II Domingo del Tiempo Ordinario, Ciclo B

San Juan 1, 35-42: Niño prodigio

Autor: Padre Pedrojosé Ynaraja

 

Samuel es un personaje crucial en la historia de Israel. Fue el puente, la transición, y el promotor, sin mucho entusiasmo por su parte, de la monarquía, en el pueblo que hasta entonces  había vivido en un régimen de consenso, más o menos feliz, conseguido en asambleas tribales. Samuel fue juez, profeta, ungió a Saul, el primer rey, y hasta se le apareció después de muerto. No dudo de que os estáis aburriendo con esta perorata, mis queridos jóvenes lectores, pero es que no quería omitirla, para que calibréis el valor que tuvo Dios, al confiar el futuro de su pueblo a un chiquillo.


En la actualidad los niños para el mundo comercial son carne de cañón, perdón: objetos predilectos para sus prospecciones de futuros consumidores. Se les tiene en cuenta para que soliciten los aditivos que hay que añadir al desayuno, no fuera caso que la leche tuviera gusto de leche. O que la ropa les durara y no compraran nuevos modelitos. O que se olvidaran de que es preciso “peregrinar” a todos los parques temáticos de aquí y allá, y se sintieran ante sus compañeros, unos fracasados. La lista podría ser muy larga.


El proceder de Dios es otro. Se toma en serio a cualquier chiquillo. En este caso se trata de Samuel. Su madre, Ana, lo había deseado durante mucho tiempo. Cuando por fin gozó de la maternidad, quiso, agradecida, ofrecérselo al Señor y lo llevó al santuario de Silo.


No os imaginéis ningún suntuoso edificio. Se trataría de una pequeña vivienda, junto a una plataforma elevada no más de un metro, donde se ofrecían sacrificios a Dios. Llamamos templo, sin que esto signifique que pudiera tener techo y paredes. He visto unos cuantos por aquellas tierras. Referente a la localidad de Silo, donde ocurrió el hecho narrado, no queda nada. Fue destruida antiguamente. En tiempo de Jeremías, ya estaba en ruinas y ahora las dos veces que por aquel lugar he pasado, solo he visto montones de piedras, fruto de excavaciones arqueológicas. La escena descrita en la primera lectura de la misa de hoy, pasa en este lugar, que está a unos 20 km al sur de la actual Nablus, en Cisjordania-Palestina. Imaginaos pues una cabaña. Dentro de ella, una estancia para el vejete Helí, algunos antros para sus malvados hijos y un rincón para Samuel, el chiquitín que su madre les había encomendado.


Este niño no era de los que tienen miedo a la obscuridad.
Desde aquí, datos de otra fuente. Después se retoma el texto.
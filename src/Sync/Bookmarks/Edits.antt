-- ===== src/Sync/Bookmarks/Edits.antt =====
-- The changes of one bookmark or folder in src-tauri/src/sync/sync_doc.rs.
use Prim.Native.String.{String}
use bushido.Prelude.{
  Bool, false, List, [], ◌∷◌, Bytes, codes, ◌&&◌, if◌then◌else◌, Option, none, some, Result, ok,
  err,
}
use bushido.Prelude.Io.{Io, pure, fail, ◌>>=◌}
use bushido.Sync.Contents.{LoroMaps, OpenDoc, maybe_compact}
use bushido.Sync.Bookmarks.{
  LoroTree, text, Meta, Bookmark, BookmarkFolder, bookmark_fields, folder_fields, add_node, on_tree,
  meta_in, is_text, get_map_str, find_node_by_id,
}

module _ (loro : LoroMaps) (tree : LoroTree loro) where
  open tree use {F64, TreeId, children, get_meta, delete_node, insert_meta}

  unfoldable pub add_bookmark : Bookmark F64 → Io (OpenDoc loro) (Unit {0})
  add_bookmark b =
      on_tree loro tree (add_node loro tree (bookmark_fields b)) >>= λ u. maybe_compact loro

  unfoldable pub add_folder : BookmarkFolder F64 → Io (OpenDoc loro) (Unit {0})
  add_folder f =
      on_tree loro tree (add_node loro tree (folder_fields f)) >>= λ u. maybe_compact loro

  -- The node of an id, or an error.
  abbrev pub with_node :
      (TreeId → Io (OpenDoc loro) (Unit {0}))
      → String
      → Option TreeId
      → Io (OpenDoc loro) (Unit {0})
  with_node f missing none = fail missing
  with_node f missing (some node) = f node

  abbrev pub set_string : Bytes → Bytes → TreeId → Io loro.Doc (Unit {0})
  set_string key val node = do
    meta ← meta_in loro tree node
    λ d. (ok tt, insert_meta node key (text val) d)

  unfoldable pub remove_bookmark : Bytes → Io (OpenDoc loro) (Unit {0})
  remove_bookmark id s =
      (with_node (λ node. on_tree loro tree (delete_node node)) "bookmark not found"
            (find_node_by_id loro tree id s.doc)
          >>= λ u. maybe_compact loro)
        s

  unfoldable pub rename_folder : Bytes → Bytes → Io (OpenDoc loro) (Unit {0})
  rename_folder id name s =
      (with_node (λ node. on_tree loro tree (set_string (codes "name") name node))
            "folder not found" (find_node_by_id loro tree id s.doc)
          >>= λ u. maybe_compact loro)
        s

  unfoldable pub move_bookmark : Bytes → Bytes → Io (OpenDoc loro) (Unit {0})
  move_bookmark id folder_id s =
      (with_node (λ node. on_tree loro tree (set_string (codes "folderId") folder_id node))
            "bookmark not found" (find_node_by_id loro tree id s.doc)
          >>= λ u. maybe_compact loro)
        s

  -- Whether a node is a bookmark of a folder.
  abbrev pub is_in : Bytes → Result (Meta F64) → Bool
  is_in folder_id (ok meta) =
      is_text (get_map_str meta (codes "type")) (codes "bookmark")
      && is_text (get_map_str meta (codes "folderId")) folder_id
  is_in folder_id (err e) = false

  abbrev pub move_out : Bytes → List TreeId → loro.Doc → loro.Doc
  move_out folder_id [] d = d
  move_out folder_id (n ∷ ns) d =
      move_out folder_id ns
        (if is_in folder_id (get_meta n d) then insert_meta n (codes "folderId") (text []) d else d)

  -- `if let Some(node)`
  abbrev pub delete_found : Option TreeId → Io loro.Doc (Unit {0})
  delete_found none = pure tt
  delete_found (some node) = delete_node node

  abbrev pub cascade : Bytes → Io loro.Doc (Unit {0})
  cascade folder_id d =
      let moved = move_out folder_id (children d) d in
      delete_found (find_node_by_id loro tree folder_id moved) moved

  unfoldable pub delete_folder_cascade : Bytes → Io (OpenDoc loro) (Unit {0})
  delete_folder_cascade folder_id =
      on_tree loro tree (cascade folder_id) >>= λ u. maybe_compact loro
Oyó voces y pensó que el abuelito le llamaba y se fue a su estancia para saber que necesitaba. No le había llamado él, le dijo, debía volverse a dormir. Tornó a escuchar la voz e hizo lo mismo, pero Helí le dijo que tampoco le había llamado, pero tuvo la intuición esta vez, de que podía ser Dios el que quería hablarle  y le recomendó que contestara: habla que tu siervo escucha. Efectivamente, así fue. Y lo que le dijo el Señor, no fue agradable. Se lo contó al amo-sacerdote que se entristeció al oírlo, pero aceptó la voluntad del Altísimo. El niño fue fiel al Señor en aquel momento y lo continuó siendo después.
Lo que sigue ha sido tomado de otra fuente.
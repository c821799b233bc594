-- ===== src/Sync/Bookmarks/Moves.antt =====
-- The loop of `delete_folder_cascade` of src-tauri/src/sync/sync_doc.rs, which moves the bookmarks out
-- of the folder.
use bushido.Prelude.{
  ◌≡◌, ◌≢◌, refl, sym, ◌∙◌, subst, ap, Bool, true, false, List, [], ◌∷◌, map, Bytes, codes, ◌&&◌,
  ◌||◌, if◌then◌else◌, Option, none, some, Result, ok, err, inl, inr, Bool-cases, All, arith,
}
use bushido.Prelude.Table.{list_beq, list_beq-false}
use bushido.Sync.Contents.{LoroMaps}
use bushido.Sync.Bookmarks.{
  LoroTree, Meta, text, Bookmark, BookmarkFolder, BookmarkData, folder_of, read_node, read_nodes,
  read_found, text_or_empty, is_text, bookmark_of, get_map_str,
}
use bushido.Sync.Bookmarks.Edits.{is_in, move_out}
use bushido.Sync.Bookmarks.Nodes.{with_field, set_in, TreeLaws, has_node}

module _ {F : Type 0} where
  -- What becomes of the bookmarks of a folder.
  abbrev pub leave : Bytes → Bookmark F → Bookmark F
  leave folder b = if list_beq b.folder_id folder then record b { folder_id = [] } else b

  abbrev pub leave_all : Bytes → BookmarkData F → BookmarkData F
  leave_all folder a = record a { bookmarks = map (leave folder) a.bookmarks }

module _ (loro : LoroMaps) (tree : LoroTree loro) (laws : TreeLaws loro tree) (folder : Bytes)
    (named : folder ≢ []) where
  open tree use {F64, TreeId, same, children, get_meta, delete_node, insert_meta}

  -- The map of a node after the loop over the nodes.
  abbrev pub moved : Result (Meta F64) → Result (Meta F64)
  moved r = if is_in loro tree folder r then set_in (codes "folderId") (text []) r else r

  pub moved-is_out : (r : Result (Meta F64)) → is_in loro tree folder (moved r) ≡ false
  moved-is_out (err e) = refl
  moved-is_out (ok meta) = elim (Bool-cases (is_in loro tree folder (ok meta))) [
    | inr outside ↦ rw outside outside
    | inl inside ↦ rw inside (rw (list_beq-false [] folder (λ e. named (sym e))) (ground arith))
  ]

  pub moved-twice : (r : Result (Meta F64)) → moved (moved r) ≡ moved r
  moved-twice r =
      ap (λ b. if b then set_in (codes "folderId") (text []) (moved r) else moved r)
        (moved-is_out r)

  pub same_sym : (n m : TreeId) → same n m ≡ same m n
  same_sym n m = ground (arith, laws.same_iff n m, laws.same_iff m n)

  pub get_meta-step :
      (n m : TreeId) (d : loro.Doc)
      → get_meta m (
          if is_in loro tree folder (get_meta n d)
          then insert_meta n (codes "folderId") (text []) d
          else d)
        ≡ (if same m n then moved (get_meta m d) else get_meta m d)
  get_meta-step n m d = elim (Bool-cases (same m n)) [
    | inr foreign ↦ rw foreign (elim (Bool-cases (is_in loro tree folder (get_meta n d))) [
      | inr outside ↦ rw outside refl
      | inl inside ↦ rw inside (
          laws.get_meta-insert n m (codes "folderId") (text []) d
          ∙ rw (same_sym n m ∙ foreign) refl)
    ])
    | inl own ↦ rw own (
        subst
          (λ x.
            get_meta m (
              if is_in loro tree folder (get_meta x d)
              then insert_meta x (codes "folderId") (text []) d
              else d)
            ≡ moved (get_meta m d))
          ((laws.same_iff m n).0 own)
          (elim (Bool-cases (is_in loro tree folder (get_meta m d))) [
            | inr outside ↦ rw outside refl
            | inl inside ↦ rw inside (
                laws.get_meta-insert m m (codes "folderId") (text []) d
                ∙ rw ((laws.same_iff m m).1 refl) refl)
          ]))
  ]

  pub again :
      (b c : Bool) (x : Result (Meta F64))
      → (if c then moved (if b then moved x else x) else (if b then moved x else x))
        ≡ (if b || c then moved x else x)
  again true true x = moved-twice x
  again true false x = refl
  again false c x = refl

  pub get_meta-move_out :
      (ns : List TreeId) (m : TreeId) (d : loro.Doc)
      → get_meta m (move_out loro tree folder ns d)
        ≡ (if has_node loro tree m ns then moved (get_meta m d) else get_meta m d)
  get_meta-move_out [] m d = refl
  get_meta-move_out (n ∷ ns) m d =
      get_meta-move_out ns m (
        if is_in loro tree folder (get_meta n d)
        then insert_meta n (codes "folderId") (text []) d
        else d)
      ∙ (ap (λ r. if has_node loro tree m ns then moved r else r) (get_meta-step n m d)
          ∙ again (same m n) (has_node loro tree m ns) (get_meta m d))

  pub children-move_out :
      (ns : List TreeId) (d : loro.Doc) → children (move_out loro tree folder ns d) ≡ children d
  children-move_out [] d = refl
  children-move_out (n ∷ ns) d = elim (Bool-cases (is_in loro tree folder (get_meta n d))) [
    | inl inside ↦ rw inside (
        children-move_out ns (insert_meta n (codes "folderId") (text []) d)
        ∙ laws.children-insert n (codes "folderId") (text []) d)
    | inr outside ↦ rw outside (children-move_out ns d)
  ]

  pub is_text-text_or_empty :
      (o : Option Bytes) (t : Bytes) → t ≢ [] → is_text o t ≡ list_beq (text_or_empty o) t
  is_text-text_or_empty none t h = sym (list_beq-false [] t (λ e. h (sym e)))
  is_text-text_or_empty (some u) t h = refl

  abbrev pub kind : Meta F64 → Bytes
  kind meta = text_or_empty (get_map_str meta (codes "type"))

  pub is_in-eq :
      (meta : Meta F64)
      → is_in loro tree folder (ok meta) ≡ (
          list_beq (kind meta) (codes "bookmark")
          && list_beq (bookmark_of loro tree meta).folder_id folder)
  is_in-eq meta =
      rw (is_text-text_or_empty (get_map_str meta (codes "type")) (codes "bookmark") (λ e. cc))
        (rw (is_text-text_or_empty (get_map_str meta (codes "folderId")) folder named) refl)

  abbrev pub put :
      Bool → Bool → BookmarkFolder F64 → Bookmark F64 → BookmarkData F64 → BookmarkData F64
  put f g x y a =
      if f
      then record a { folders = x ∷ a.folders }
      else (if g then record a { bookmarks = y ∷ a.bookmarks } else a)

  pub put-leave :
      (f g u : Bool) (x : BookmarkFolder F64) (y z : Bookmark F64) (a : BookmarkData F64)
      → leave folder y ≡ (if u then z else y)
      → (if g && u then put f g x z (leave_all folder a) else put f g x y (leave_all folder a))
        ≡ leave_all folder (put f g x y a)
  put-leave true true true x y z a h = refl
  put-leave true true false x y z a h = refl
  put-leave true false u x y z a h = refl
  put-leave false true true x y z a h =
      ap (λ b. record a { bookmarks = b ∷ map (leave folder) a.bookmarks }) (sym h)
  put-leave false true false x y z a h =
      ap (λ b. record a { bookmarks = b ∷ map (leave folder) a.bookmarks }) (sym h)
  put-leave false false u x y z a h = refl

  pub read_found-if :
      (c : Bool) (m n : Meta F64) (a : BookmarkData F64)
      → read_found loro tree (if c then ok m else ok n) (ok a)
        ≡ ok (if c then read_node loro tree m a else read_node loro tree n a)
  read_found-if true m n a = refl
  read_found-if false m n a = refl

  pub read_node-moved :
      (meta : Meta F64) (a : BookmarkData F64)
      → read_found loro tree (moved (ok meta)) (ok (leave_all folder a))
        ≡ ok (leave_all folder (read_node loro tree meta a))
  read_node-moved meta a =
      ap
        (λ c.
          read_found loro tree
            (if c then ok (with_field (codes "folderId") (text []) meta) else ok meta)
            (ok (leave_all folder a)))
        (is_in-eq meta)
      ∙ (read_found-if
            (list_beq (kind meta) (codes "bookmark")
              && list_beq (bookmark_of loro tree meta).folder_id folder)
            (with_field (codes "folderId") (text []) meta) meta (leave_all folder a)
          ∙ ap ok (
              put-leave (list_beq (kind meta) (codes "folder"))
                (list_beq (kind meta) (codes "bookmark"))
                (list_beq (bookmark_of loro tree meta).folder_id folder) (folder_of loro tree meta)
                (bookmark_of loro tree meta)
                (record (bookmark_of loro tree meta) { folder_id = [] }) a refl))

  pub ok-injective : {x y : BookmarkData F64} → ok x ≡ ok y → x ≡ y
  ok-injective e = cc

  -- The bookmarks of the folder leave it and nothing else changes.
  pub read_found-moved :
      (r : Result (Meta F64)) (x : Result (BookmarkData F64)) (a : BookmarkData F64)
      → read_found loro tree r x ≡ ok a
      → (y : Result (BookmarkData F64))
      → ((b : BookmarkData F64) → x ≡ ok b → y ≡ ok (leave_all folder b))
      → read_found loro tree (moved r) y ≡ ok (leave_all folder a)
  read_found-moved (ok meta) (ok b) a h y k =
      ap (read_found loro tree (moved (ok meta))) (k b refl)
      ∙ (read_node-moved meta b ∙ ap (λ c. ok (leave_all folder c)) (ok-injective h))
  read_found-moved (ok meta) (err e) a h y k = cc
  read_found-moved (err e) x a h y k = cc

  pub read_nodes-moved :
      (ns : List TreeId) (d d' : loro.Doc) (a : BookmarkData F64)
      → All (λ n. get_meta n d' ≡ moved (get_meta n d)) ns
      → read_nodes loro tree ns d ≡ ok a
      → read_nodes loro tree ns d' ≡ ok (leave_all folder a)
  read_nodes-moved [] d d' a h e = ap (λ c. ok (leave_all folder c)) (ok-injective e)
  read_nodes-moved (n ∷ ns) d d' a h e =
      ap (λ r. read_found loro tree r (read_nodes loro tree ns d')) h.0
      ∙ read_found-moved (get_meta n d) (read_nodes loro tree ns d) a e (read_nodes loro tree ns d')
          (λ b read. read_nodes-moved ns d d' b h.1 read)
No olvidéis, mis queridos jóvenes lectores que la imaginación de Dios es prodigiosa. Alerta,  que no os digo que sea caprichosa. Hay santos escogidos a primerísima hora, como Samuel, el romano Tarsicio, o el zaragozano Dominguito, o, en tiempos recientes, la italiana Nennolina, que no llegó a vivir ni siquiera siete años. Otros, por el contrario, son santos llamados a ultimísima hora, como el buen ladrón, de junto a la cruz de Cristo. Es preciso siempre, responder en el momento escogido por Dios. Sin dejar para mañana lo que uno puede hacer hoy, como dicta el refrán. Que cada uno se aplique la norma. Perdonadme el olvido, ahora me doy cuenta de que no había mencionado el testimonio más sublime de cómo Dios escoge para sus planes a gente joven, se trata de María, la Virgen de Nazaret, que cuando se le encomendó el proyecto de ser madre del Mesías, no contaría mucho más de doce años.
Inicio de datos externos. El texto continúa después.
-- ===== src/Sync/Bookmarks/Cascade.antt =====
-- What `delete_folder_cascade` of src-tauri/src/sync/sync_doc.rs does with the bookmarks of its folder.
use bushido.Prelude.{
  true-ne-false, ◌≡◌, ◌≢◌, refl, sym, ◌∙◌, ap, false, List, [], ◌∷◌, map, Bytes, Option, none, some,
  Result, ok, err, inl, inr, Bool-cases, ◌⊎◌, All, All-map,
}
use bushido.Prelude.Table.{list_beq, list_beq-false}
use bushido.Prelude.Io.{after}
use bushido.Sync.Contents.{LoroMaps, OpenDoc, maybe_compact}
use bushido.Sync.Contents.Maps.{maybe_compact-same}
use bushido.Sync.Bookmarks.{
  LoroTree, Meta, Bookmark, BookmarkData, read_node, read_nodes, read_found, read_bookmarks,
  find_node_by_id, in_doc,
}
use bushido.Sync.Bookmarks.RoundTrip.{AllIn-self}
use bushido.Sync.Bookmarks.Edits.{move_out, delete_found, cascade, delete_folder_cascade}
use bushido.Sync.Bookmarks.Nodes.{TreeLaws, without, read_nodes-same}
use bushido.Sync.Bookmarks.Moves.{
  moved, leave, leave_all, get_meta-move_out, children-move_out, read_nodes-moved,
}

module _ (loro : LoroMaps) (tree : LoroTree loro) (laws : TreeLaws loro tree) (folder : Bytes)
    (named : folder ≢ []) where
  open tree use {F64, TreeId, same, children, get_meta, delete_node, insert_meta}

  abbrev IsOut : Bookmark F64 → Type 0
  IsOut b = list_beq b.folder_id folder ≡ false

  IsRead : Result (BookmarkData F64) → Type 0
  IsRead r = (a : BookmarkData F64) × (r ≡ ok a)

  read_found-IsRead :
      (r : Result (Meta F64)) (x y : Result (BookmarkData F64))
      → IsRead (read_found loro tree r x)
      → (IsRead x → IsRead y)
      → IsRead y × IsRead (read_found loro tree r y)
  unfolding IsRead
  read_found-IsRead (ok meta) (ok a) y h k =
      let (b, e) = k (a, refl) in
      ((b, e), (read_node loro tree meta b, ap (read_found loro tree (ok meta)) e))
  read_found-IsRead (ok meta) (err e) y h k = cc
  read_found-IsRead (err e) x y h k = cc

  -- Where all nodes are read, those that are left without one are read.
  read_nodes-without :
      (n : TreeId) (ns : List TreeId) (d : loro.Doc)
      → IsRead (read_nodes loro tree ns d)
      → IsRead (read_nodes loro tree (without loro tree n ns) d)
  unfolding IsRead
  read_nodes-without n [] d p = p
  read_nodes-without n (m ∷ ns) d p =
      let both =
        read_found-IsRead (get_meta m d) (read_nodes loro tree ns d)
          (read_nodes loro tree (without loro tree n ns) d) p (read_nodes-without n ns d) in
      elim (Bool-cases (same n m)) [ inl own ↦ rw own both.0 | inr foreign ↦ rw foreign both.1 ]

  All-without :
      (P : TreeId → Type 0) (n : TreeId) (ns : List TreeId)
      → All P ns
      → All (λ m. P m × (same n m ≡ false)) (without loro tree n ns)
  All-without P n [] p = tt
  All-without P n (m ∷ ns) p = elim (Bool-cases (same n m)) [
    | inl own ↦ rw own (All-without P n ns p.1)
    | inr foreign ↦ rw foreign ((p.0, foreign), All-without P n ns p.1)
  ]

  leave-IsOut : (b : Bookmark F64) → IsOut (leave folder b)
  leave-IsOut b = elim (Bool-cases (list_beq b.folder_id folder)) [
    | inl inside ↦ rw inside (list_beq-false [] folder (λ e. named (sym e)))
    | inr outside ↦ rw outside outside
  ]

  all_leave-IsOut : (bs : List (Bookmark F64)) → All IsOut (map (leave folder) bs)
  all_leave-IsOut [] = tt
  all_leave-IsOut (b ∷ bs) = (leave-IsOut b, all_leave-IsOut bs)

  abbrev after_loop : loro.Doc → loro.Doc
  after_loop d = move_out loro tree folder (children d) d

  -- The map of each node after the loop.
  all_moved :
      (d : loro.Doc)
      → All
          (λ n. get_meta n (after_loop d) ≡ moved loro tree laws folder named (get_meta n d))
          (children d)
  all_moved d =
      All-map (children d)
        (λ n member.
          get_meta-move_out loro tree laws folder named (children d) n d ∙ rw member refl)
        (AllIn-self loro tree laws (children d))

  read-after_loop :
      (d : loro.Doc) (a : BookmarkData F64)
      → read_bookmarks loro tree d ≡ ok a
      → read_bookmarks loro tree (after_loop d) ≡ ok (leave_all folder a)
  read-after_loop d a h =
      ap (λ ns. read_nodes loro tree ns (after_loop d))
        (children-move_out loro tree laws folder named (children d) d)
      ∙ read_nodes-moved loro tree laws folder named (children d) d (after_loop d) a (all_moved d) h

  -- What is read of a document is read of it after a compaction.
  read-compacted :
      (s : OpenDoc loro)
      → read_bookmarks loro tree (maybe_compact loro s).1.doc ≡ read_bookmarks loro tree s.doc
  read-compacted =
      maybe_compact-same loro (read_bookmarks loro tree) (λ snapshot d d' exported imported.
        (ap (λ ns. read_nodes loro tree ns d')
            (laws.children-renewed snapshot d d' exported imported)
          ∙ read_nodes-same loro tree (children d) d d'
              (λ n. laws.get_meta-renewed n snapshot d d' exported imported)))

  read-then_compacted :
      (s : OpenDoc loro) (r : Result (Unit {0}) × loro.Doc)
      → read_bookmarks loro tree (after (λ u. maybe_compact loro) (in_doc loro tree s r)).1.doc
        ≡ read_bookmarks loro tree r.1
  read-then_compacted s (ok u, d) = read-compacted (record s { doc = d })
  read-then_compacted s (err e, d) = refl

  children-then_compacted :
      (s : OpenDoc loro) (r : Result (Unit {0}) × loro.Doc)
      → children (after (λ u. maybe_compact loro) (in_doc loro tree s r)).1.doc ≡ children r.1
  children-then_compacted s (ok u, d) =
      maybe_compact-same loro children laws.children-renewed (record s { doc = d })
  children-then_compacted s (err e, d) = refl

  -- The nodes that are left, and what was read of them.
  abbrev Emptied : OpenDoc loro → loro.Doc → Type 0
  Emptied s d =
      (ns : List TreeId) × (c : BookmarkData F64) × (read_nodes loro tree ns s.doc ≡ ok c)
      × (read_bookmarks loro tree d ≡ ok (leave_all folder c))
      × All IsOut (leave_all folder c).bookmarks
      × (children d ≡ ns)
      × (((find_node_by_id loro tree folder (after_loop s.doc) ≡ none) × (ns ≡ children s.doc))
          ⊎ ((node : TreeId) × (find_node_by_id loro tree folder (after_loop s.doc) ≡ some node)
              × (ns ≡ without loro tree node (children s.doc))))

  meta-deleted :
      (node n : TreeId) (s : OpenDoc loro)
      → (get_meta n (after_loop s.doc) ≡ moved loro tree laws folder named (get_meta n s.doc))
        × (same node n ≡ false)
      → get_meta n (delete_node node (after_loop s.doc)).1
        ≡ moved loro tree laws folder named (get_meta n s.doc)
  meta-deleted node n s h = elim (laws.get_meta-delete node n (after_loop s.doc)) [
    | inl own ↦ absurd (true-ne-false (sym own ∙ h.1))
    | inr kept ↦ kept ∙ h.0
  ]

  children-deleted :
      (node : TreeId) (d : loro.Doc)
      → children (delete_node node (after_loop d)).1 ≡ without loro tree node (children d)
  children-deleted node d =
      laws.children-delete node (after_loop d)
      ∙ ap (without loro tree node) (children-move_out loro tree laws folder named (children d) d)

  deleted-Emptied :
      (s : OpenDoc loro) (a : BookmarkData F64) (found : Option TreeId)
      → find_node_by_id loro tree folder (after_loop s.doc) ≡ found
      → read_bookmarks loro tree s.doc ≡ ok a
      → Emptied s (delete_found loro tree found (after_loop s.doc)).1
  unfolding IsRead
  deleted-Emptied s a none e h = (
    children s.doc,
    a,
    h,
    read-after_loop s.doc a h,
    all_leave-IsOut a.bookmarks,
    children-move_out loro tree laws folder named (children s.doc) s.doc,
    inl (e, refl),
  )
  deleted-Emptied s a (some node) e h =
      let (c, left) = read_nodes-without node (children s.doc) s.doc (a, h) in
      (
        without loro tree node (children s.doc),
        c,
        left,
        ap (λ ns. read_nodes loro tree ns (delete_node node (after_loop s.doc)).1)
              (children-deleted node s.doc)
            ∙ read_nodes-moved loro tree laws folder named (without loro tree node (children s.doc))
                s.doc (delete_node node (after_loop s.doc)).1 c
                (All-map (without loro tree node (children s.doc)) (λ n p. meta-deleted node n s p)
                  (All-without
                    (λ n.
                      get_meta n (after_loop s.doc)
                      ≡ moved loro tree laws folder named (get_meta n s.doc))
                    node (children s.doc) (all_moved s.doc)))
                left,
        all_leave-IsOut c.bookmarks,
        children-deleted node s.doc,
        inr (node, e, refl),
      )

  -- After `delete_folder_cascade` of a folder whose id is not empty, of a document whose bookmarks can
  -- be read, whatever it returns: where a node has the folder's id, the first one that is found is
  -- gone, and the nodes are all others; where none has it, they are those before. What is read is what
  -- was read of these nodes before, but the bookmarks of the folder are in no folder.
  pub delete_folder_cascade-empties :
      (s : OpenDoc loro) (a : BookmarkData F64)
      → read_bookmarks loro tree s.doc ≡ ok a
      → (ns : List TreeId) × (c : BookmarkData F64) × (read_nodes loro tree ns s.doc ≡ ok c)
        × (read_bookmarks loro tree (delete_folder_cascade loro tree folder s).1.doc
            ≡ ok (leave_all folder c))
        × All (λ x. list_beq x.folder_id folder ≡ false) (leave_all folder c).bookmarks
        × (children (delete_folder_cascade loro tree folder s).1.doc ≡ ns)
        × (((find_node_by_id loro tree folder (move_out loro tree folder (children s.doc) s.doc)
                ≡ none)
              × (ns ≡ children s.doc))
            ⊎ ((node : TreeId) × (find_node_by_id loro tree folder
                    (move_out loro tree folder (children s.doc) s.doc)
                  ≡ some node)
                × (ns ≡ without loro tree node (children s.doc))))
  unfolding delete_folder_cascade
  delete_folder_cascade-empties s a h =
      let (ns, c, left, read, out, lost, why) =
        deleted-Emptied s a (find_node_by_id loro tree folder (after_loop s.doc)) refl h in
      (
        ns,
        c,
        left,
        read-then_compacted s (cascade loro tree folder s.doc) ∙ read,
        out,
        children-then_compacted s (cascade loro tree folder s.doc) ∙ lost,
        why,
      )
El fragmento del evangelio es muy simpático. Juan el bautista había reunido junto a sí a gentes de diversa procedencia. Uno de los discípulos, de alrededor de quince años, estaba con él cuando pasa Jesús y señalando al Maestro, él le dice: este es el Cordero de Dios. Esta expresión tenía un significado muy especial desde tiempos antiguos. Para la gente de aquel tiempo, era mucho decir. Con el entusiasmo propio de la edad, se va con Él y empieza a preguntarle. Quiere conocerle y desea saber donde vive y como vive, y el Maestro no rehúsa huye del envite y le invita a su casa. Tal vez se trataría de alguna sencilla vivienda en Tiberias, una ciudad de reciente creación, donde quizá Jesús, un “autónomo de la construcción” le llamaríamos hoy en día, había trabajado. El chico lo recordará toda la vida, nos advierte que el encuentro ocurrió hacia las cuatro de la tarde (dicho según nuestro lenguaje horario). Lo curioso del caso es que no fue solo, le acompañaba Simón, un pescador un poco brutote, decidido y noble, que después sería el gran San Pedro. Lo pasaron tan bien aquella jornada, que decidieron seguirle toda la vida e invitar a otros a la misma aventura.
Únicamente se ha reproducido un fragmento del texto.